ISO/IEC JTC 1/SC34 N0387

ISO/IEC JTC 1/SC34

Information Technology --

Document Description and Processing Languages

Title: Community contribution: problems with ISO entity sets (ISO 8879 and 9573-13)
Source: David Carlisle, UK
Project: SGML ISO-8879
Public entity sets for mathematics and science ISO 9573-13
Project editor:
Status: Text of solicited community contribution
Action: For consideration of future SC34 activities
Date: 2003-04-02 16:10UTC
Summary: Real-world use of ISO entity sets has revealed issues that need to be addressed for the user community.
Distribution: SC34 and Liaisons
Refer to:
Supercedes:
Reply to: Dr. James David Mason
(ISO/IEC JTC1/SC34 Chairman)
Y-12 National Security Complex
Information Technology Services
Bldg. 9113 M.S. 8208
Oak Ridge, TN 37831-8208 U.S.A.
Telephone: +1 865 574-6973
Facsimile: +1 865 574-1896
E-mailk: mailto:mxm@y12.doe.gov
http://www.y12.doe.gov/sgml/sc34/sc34oldhome.htm

Ms. Sara Hafele, ISO/IEC JTC 1/SC 34 Secretariat
American National Standards Institute
25 West 43rd Street
New York, NY 10036
Tel: +1 212 642-4937
Fax: +1 212 840-2298
E-mail: shafele@ansi.org

Problems with ISO entity sets (ISO 8879 and 9573-13)

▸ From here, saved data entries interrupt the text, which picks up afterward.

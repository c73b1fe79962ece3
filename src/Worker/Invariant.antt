-- ===== src/Worker/Invariant.antt =====
-- What holds of the worker's tables between the operations of internal/worker/store.go.
use flick_drop.Base.{
  ℕ, ◌≤◌, ◌≡◌, refl, subst, inl, inr, String, false, Option, none, some, List, arith, ◌==◌,
  string_eq, find, insert, find-insert, Bool-cases,
}
use flick_drop.Worker.Tables.{
  State, processing, succeeded, failed, dead, attempt_failed, Receipt, Attempt, DeadLetter, Db,
  is_none, insert_receipt, recover_interrupted,
}
use flick_drop.Worker.Counts.{
  count_running, count_rows_of, IdsBelow, count_running-finish, count_rows_of-update,
  update_where-IdsBelow,
}

-- How many running attempts a job may have.
abbrev pub slots : State → ℕ
slots processing = 1
slots succeeded = 0
slots failed = 0
slots dead = 0

abbrev pub letter_error : Option DeadLetter → Option String
letter_error none = none
letter_error (some l) = some l.error

-- A dead job has a letter, with the receipt's error.
abbrev pub Lettered : State → Option String → Option DeadLetter → Type 0
Lettered processing e l = Unit {0}
Lettered succeeded e l = Unit {0}
Lettered failed e l = Unit {0}
Lettered dead e l = (letter_error l ≡ e) × (is_none l ≡ false)

abbrev pub IsValidJob : String → Option Receipt → ℕ → ℕ → Option DeadLetter → Type 0
IsValidJob j none active rows l = (active ≡ 0) × (rows ≡ 0)
IsValidJob j (some r) active rows l =
    (r.job_id ≡ j)
    × (active ≤ slots r.state)
    × (rows ≡ r.attempts)
    × Lettered r.state r.last_error l

pub record IsValidDb (d : Db) : Type 0 where
  pub jobs :
      (j : String)
      → IsValidJob j
          (find j d.receipts)
          (count_running j d.attempts)
          (count_rows_of j d.attempts)
          (find j d.dead_letters)
  pub ids : IdsBelow d.next_id d.attempts

-- With fewer running rows, a job is still valid.
pub fewer :
    (j : String) (o : Option Receipt) (n m n' m' : ℕ) (l : Option DeadLetter)
    → IsValidJob j o n m l
    → n' ≤ n
    → m' ≡ m
    → IsValidJob j o n' m' l
fewer j none n m n' m' l (a, b) h e = (omega arith, omega arith)
fewer j (some r) n m n' m' l (k, a, b, w) h e = (k, omega arith, omega arith, w)

new_job :
    (j : String) (r : Receipt) (o : Option Receipt) (n m : ℕ) (l : Option DeadLetter)
    → IsValidJob j o n m l
    → o ≡ none
    → r.job_id ≡ j
    → r.state ≡ processing
    → r.attempts ≡ 0
    → IsValidJob j (some r) n m l
new_job j r none n m l (a, b) e k s z = (k, omega arith, omega arith, rw s tt)
new_job j r (some q) n m l v e k s z = absurd (cc e)

pub recover-IsValid :
    (job : String) (now : ℕ) (d : Db) → IsValidDb d → IsValidDb (recover_interrupted job now d)
unfolding recover_interrupted
recover-IsValid job now d v = record {
  jobs = λ j.
      fewer j (find j d.receipts) _ _ _ _ (find j d.dead_letters) (v.jobs j)
        (count_running-finish j _ attempt_failed now none d.attempts refl)
        (count_rows_of-update j _ attempt_failed now none d.attempts);
  ids = update_where-IdsBelow d.next_id _ attempt_failed now none d.attempts v.ids;
}

-- A change to one job's receipt, with what it does to the other tables.
pub one_job-IsValid :
    (job : String) (r : Receipt) (rows : List Attempt) (letters : List (String × DeadLetter))
    (n : ℕ) (d : Db)
    → IsValidJob job (some r) (count_running job rows) (count_rows_of job rows) (find job letters)
    → ((j : String)
        → (job == j) ≡ false
        → (count_running j rows ≤ count_running j d.attempts)
          × (count_rows_of j rows ≡ count_rows_of j d.attempts)
          × (find j letters ≡ find j d.dead_letters))
    → IdsBelow n rows
    → IsValidDb d
    → IsValidDb (record {
      receipts = insert job r d.receipts;
      attempts = rows;
      dead_letters = letters;
      next_id = n;
    })
one_job-IsValid job r rows letters n d w k b v = record {
  jobs = λ j. elim (Bool-cases (job == j)) [
    | inl e ↦
        rw (find-insert job j r d.receipts, e)
          (subst
            (λ i.
              IsValidJob i (some r) (count_running i rows) (count_rows_of i rows) (find i letters))
            ((string_eq.same_iff job j).0 e) w)
    | inr e ↦
        rw (find-insert job j r d.receipts, e, (k j e).2)
          (fewer j (find j d.receipts) _ _ _ _ (find j d.dead_letters) (v.jobs j) (k j e).0
            (k j e).1)
  ];
  ids = b;
}

pub insert_receipt-IsValid :
    (r : Receipt) (d : Db)
    → find r.job_id d.receipts ≡ none
    → r.state ≡ processing
    → r.attempts ≡ 0
    → IsValidDb d
    → IsValidDb (insert_receipt r d)
unfolding insert_receipt
insert_receipt-IsValid r d f s n v =
    one_job-IsValid r.job_id r d.attempts d.dead_letters d.next_id d
      (new_job r.job_id r (find r.job_id d.receipts) _ _ _ (v.jobs r.job_id) f refl s n)
      (λ j e. (omega arith, refl, refl)) v.ids v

This document is a personal note on problems encountered whilst working
with ISO entity sets, and in particular in attempting to produce
mappings of the ISO entities to Unicode to enable XML DTD declarations
to be made.  Much of this work has been undertaken as the Editor of the
W3C MathML DTD, but this is a personal note, produced in response to an
email request quoted at the end.


http://www.w3.org/Math/characters/

contains further information including mappings to Unicode for all the
ISO 8859 and 9573-13 entity sets, whether or not they are used in
MathML.

Docbook has a similar page describing its mappings at

http://www.oasis-open.org/docbook/specs/wd-docbook-xmlcharent-0.3.html






Problem 1: Fixed set
====================

The first problem that could be mentioned is that as a fixed (and small)
set of characters that is "blessed" with a name, the set of characters
chosen, and their names, will always be an essentially arbitrary
choice. I don't offer any insight here but wanted to mention this
"problem" first as a desire to change the set of named characters is one
possible source of pressure to change the entity sets. (I understand
the 9573-13 isonum set was recently extended to include euro for example.)


Problem 2: Lack of canonical mapping to Unicode
===============================================

The lack of a canonical mapping to UNICODE is currently a severe, almost
critically fatal, problem when trying to use the entity sets in an XML
context.

Traditionally the ISO sets were defined as SGML SDATA entities.
In this form a canonical mapping to Unicode was not required, in fact
Unicode might not be used at all, an SGML system could hold these
characters as "special character data" until the last minute when some
suitable rendering could be used.

SDATA is not available in XML and this completely changes the situation.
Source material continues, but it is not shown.